Over here both words translate into the same one, tro. I can sense the nuances of the English words, but they seem to be used synonymously a lot of the time.
We are talking about a religious context, would the meaning of the words shift if we stepped into a secular context?
Hi, with the wondrous help of Google Translate, I see "tro" is Swedish for "believe". Obviously, no nuances on Google!

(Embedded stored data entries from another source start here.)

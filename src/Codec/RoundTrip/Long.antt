-- ===== src/Codec/RoundTrip/Long.antt =====
-- `long`: `amqp_encode_long` and the decoders of its two encodings. A signed number is given by
-- its bits, in two's complement.
use libamqp.Prelude.{
  ℕ, ◌+◌, ◌-◌, ◌%◌, ◌^◌, ◌≤◌, ◌<◌, ◌≡◌, refl, true, false, ◌||◌, List, [], ◌∷◌, ltb, leb, ◌==◌,
  if◌then◌else◌, arith, sym, All,
}
use mathlib.Core.Path.{subst}
use libamqp.Buffer.Bytes.{Holds, IsByte}
use libamqp.Buffer.Words.{bytes_64, bytes_64-IsByte, hton_64-append}
use libamqp.Codec.MetaData.{MetaData}
use libamqp.Codec.MetaData.Search.{find_code, type_meta_data_lookup_lem}
use libamqp.Codec.MetaData.Table.{meta_data_long_small_long, meta_data_long}
use libamqp.Codec.State.{State, M, ◌>>=◌, type_is_invalid, with_b1}
use libamqp.Codec.State.Hoare.{Returns}
use libamqp.Codec.Decode.Fixed.{fixed_width, small_long, sign_extend}
use libamqp.Codec.Decode.Run.{run_decoder, amqp_decode}
use libamqp.Codec.Encode.Fixed.{encode_fixed_eight_byte, encode_long, encode_small_long}
use libamqp.Codec.RoundTrip.Reading.{started}
use libamqp.Codec.RoundTrip.Storing.{then_store-Stored}
use libamqp.Codec.RoundTrip.Writing.{Wrote, HasRoom, then_put-Wrote}
use libamqp.Codec.RoundTrip.Scalar.{Got, scalar_read, round_trip}
use libamqp.Codec.RoundTrip.Words.{old_word, fixed_one, fixed_eight}
use libamqp.Codec.RoundTrip.Cases.{two_cases, Decodes, if_cases, one_byte-Wrote}

abbrev pub wire_long : ℕ → List ℕ
wire_long v =
    if ltb v (2 ^ 7) || leb (2 ^ 64 - 2 ^ 7) v then 0x55 ∷ v % 2 ^ 8 ∷ [] else 0x81 ∷ bytes_64 v

-- The source's test picks the numbers from -128 to 127.
fits_long :
    (v : ℕ)
    → v < 2 ^ 64
    → (v == sign_extend 64 (v % 2 ^ 8)) ≡ (ltb v (2 ^ 7) || leb (2 ^ 64 - 2 ^ 7) v)
fits_long v b = ground arith

encode_long-Wrote :
    (v : ℕ) (s : State)
    → v < 2 ^ 64
    → s.container ≡ 0
    → 0 < s.next_type
    → HasRoom s 9
    → Returns (encode_long v s) (Wrote s (wire_long v))
unfolding encode_long encode_small_long encode_fixed_eight_byte
encode_long-Wrote v s b c z h =
    subst
      (λ t.
        Returns ((if t then encode_small_long v else encode_fixed_eight_byte meta_data_long v) s)
          (Wrote s (wire_long v)))
      (sym (fits_long v b))
      (two_cases (ltb v (2 ^ 7) || leb (2 ^ 64 - 2 ^ 7) v)
        (λ (m : M ℕ) (l : List ℕ). Returns (m s) (Wrote s l))
        (one_byte-Wrote meta_data_long_small_long (v % 2 ^ 8) s c z (λ x. refl)
          (omega (arith, h.0), h.1))
        (then_put-Wrote meta_data_long _ (bytes_64 v) s c z (λ x. refl) h
          (λ x. hton_64-append x v)))

long_value :
    (v old : ℕ)
    → v < 2 ^ 64
    → (ltb v (2 ^ 7) || leb (2 ^ 64 - 2 ^ 7) v) ≡ true
    → sign_extend 64 (with_b1 old (v % 2 ^ 8) % 2 ^ 8) ≡ v
long_value v old b q = ground arith

small_long-Got :
    (v : ℕ) (s : State)
    → v < 2 ^ 64
    → (ltb v (2 ^ 7) || leb (2 ^ 64 - 2 ^ 7) v) ≡ true
    → s.buffer.index + 2 ≤ s.buffer.size
    → Holds s.buffer s.buffer.index (0x55 ∷ v % 2 ^ 8 ∷ [])
    → Returns (amqp_decode s) (Got s 2 (λ w. w ≡ v))
unfolding run_decoder small_long find_code
small_long-Got v s b q h (hc, hs) =
    let meta : MetaData = meta_data_long_small_long in
    scalar_read 0x55 meta s 1 _ (λ w. w ≡ v) (omega arith) hc (type_meta_data_lookup_lem 0x55) refl
      (then_store-Stored (fixed_width meta s.next_type) s.next_type 1 _
        (λ w. sign_extend 64 (w % 2 ^ 8)) (started meta 0x55 s)
        (fixed_one 0x55 meta s (v % 2 ^ 8) refl h hs))
      (long_value v (old_word 0x55 meta s) b q)

long-Got :
    (v : ℕ) (s : State)
    → v < 2 ^ 64
    → s.buffer.index + 9 ≤ s.buffer.size
    → Holds s.buffer s.buffer.index (0x81 ∷ bytes_64 v)
    → Returns (amqp_decode s) (Got s 9 (λ w. w ≡ v))
unfolding run_decoder find_code
long-Got v s b h (hc, hs) =
    scalar_read 0x81 meta_data_long s 8 _ (λ w. w ≡ v) (omega arith) hc
      (type_meta_data_lookup_lem 0x81) refl (fixed_eight 0x81 meta_data_long s v refl b h hs)
      (omega arith)

wire_long-Decodes : (v : ℕ) (s : State) → v < 2 ^ 64 → Decodes (wire_long v) (λ w. w ≡ v) s
wire_long-Decodes v s b =
    if_cases (ltb v (2 ^ 7) || leb (2 ^ 64 - 2 ^ 7) v) (λ l. Decodes l (λ w. w ≡ v) s)
      (λ q h hs. small_long-Got v s b q h hs) (λ _ h hs. long-Got v s b h hs)

wire_long-IsByte : (v : ℕ) → All IsByte (wire_long v)
wire_long-IsByte v =
    if_cases (ltb v (2 ^ 7) || leb (2 ^ 64 - 2 ^ 7) v) (All IsByte)
      (λ q. (omega arith, (omega arith, tt))) (λ _. (omega arith, bytes_64-IsByte v))

-- `amqp_encode_long` and then `amqp_decode`, on a buffer with nothing left to read and room for nine
-- bytes, no container open: neither fails, the new object is valid and its `int64_t` has the bits of
-- the number that was encoded, and everything that was written has been read.
-- The number has 64 bits, the next address is not null, and the capacity fits a `size_t`.
pub decode-encode_long :
    (v : ℕ) (s : State)
    → v < 2 ^ 64
    → s.container ≡ 0
    → 0 < s.next_type
    → HasRoom s 9
    → s.buffer.index ≡ s.buffer.size
    → Returns ((encode_long v >>= λ _. amqp_decode) s) (λ p t.
      ((t.types p).word ≡ v)
      × (type_is_invalid (t.types p) ≡ false)
      × (t.buffer.index ≡ t.buffer.size))
decode-encode_long v s b c z h i =
    round_trip (encode_long v) (wire_long v) s (λ w. w ≡ v) i (wire_long-IsByte v)
      (encode_long-Wrote v s b c z h) (λ t r hs. wire_long-Decodes v t b r hs)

I have distinguished the two, faith and belief, ever since dipping into a book by the Christian theologian John Hicks. Can't remember much about it now, so long ago. Now, as I've drifted more towards the "east" and the Buddhist way of seeing, the two are totally distinct. Now, faith is virtually synonymous with Reality itself - the Ground in which we "live and move and have our being" (or "non-being"!) For the zen master Dogen, faith and enlightenment interpenetrate each other. "Belief" from this perspective corrupts faith, in as much as the Ground/Faith is radical freedom - as Dogen says, "purposeless, goalless, objectless, and meaningless." Belief is the "self" clinging to the past, and inevitably dictating the future.
As Eckhart says, "Love has no why".
Yes, I suppose a religious context. Salvation - or in Buddhism, Enlightenment (in Theravada, "this unshakeable deliverance of mind", which in the texts also speaks of love as being the "liberation of the heart") is the bottom line.
Transposing the words into the "secular" realm, I flounder a bit (if I do not flounder already!) As I see it, anyone involved in the scientific endeavour must surely have some sort of trust/faith that Reality is intelligible, and whatever belief/theories held would be subject to change? I don't know.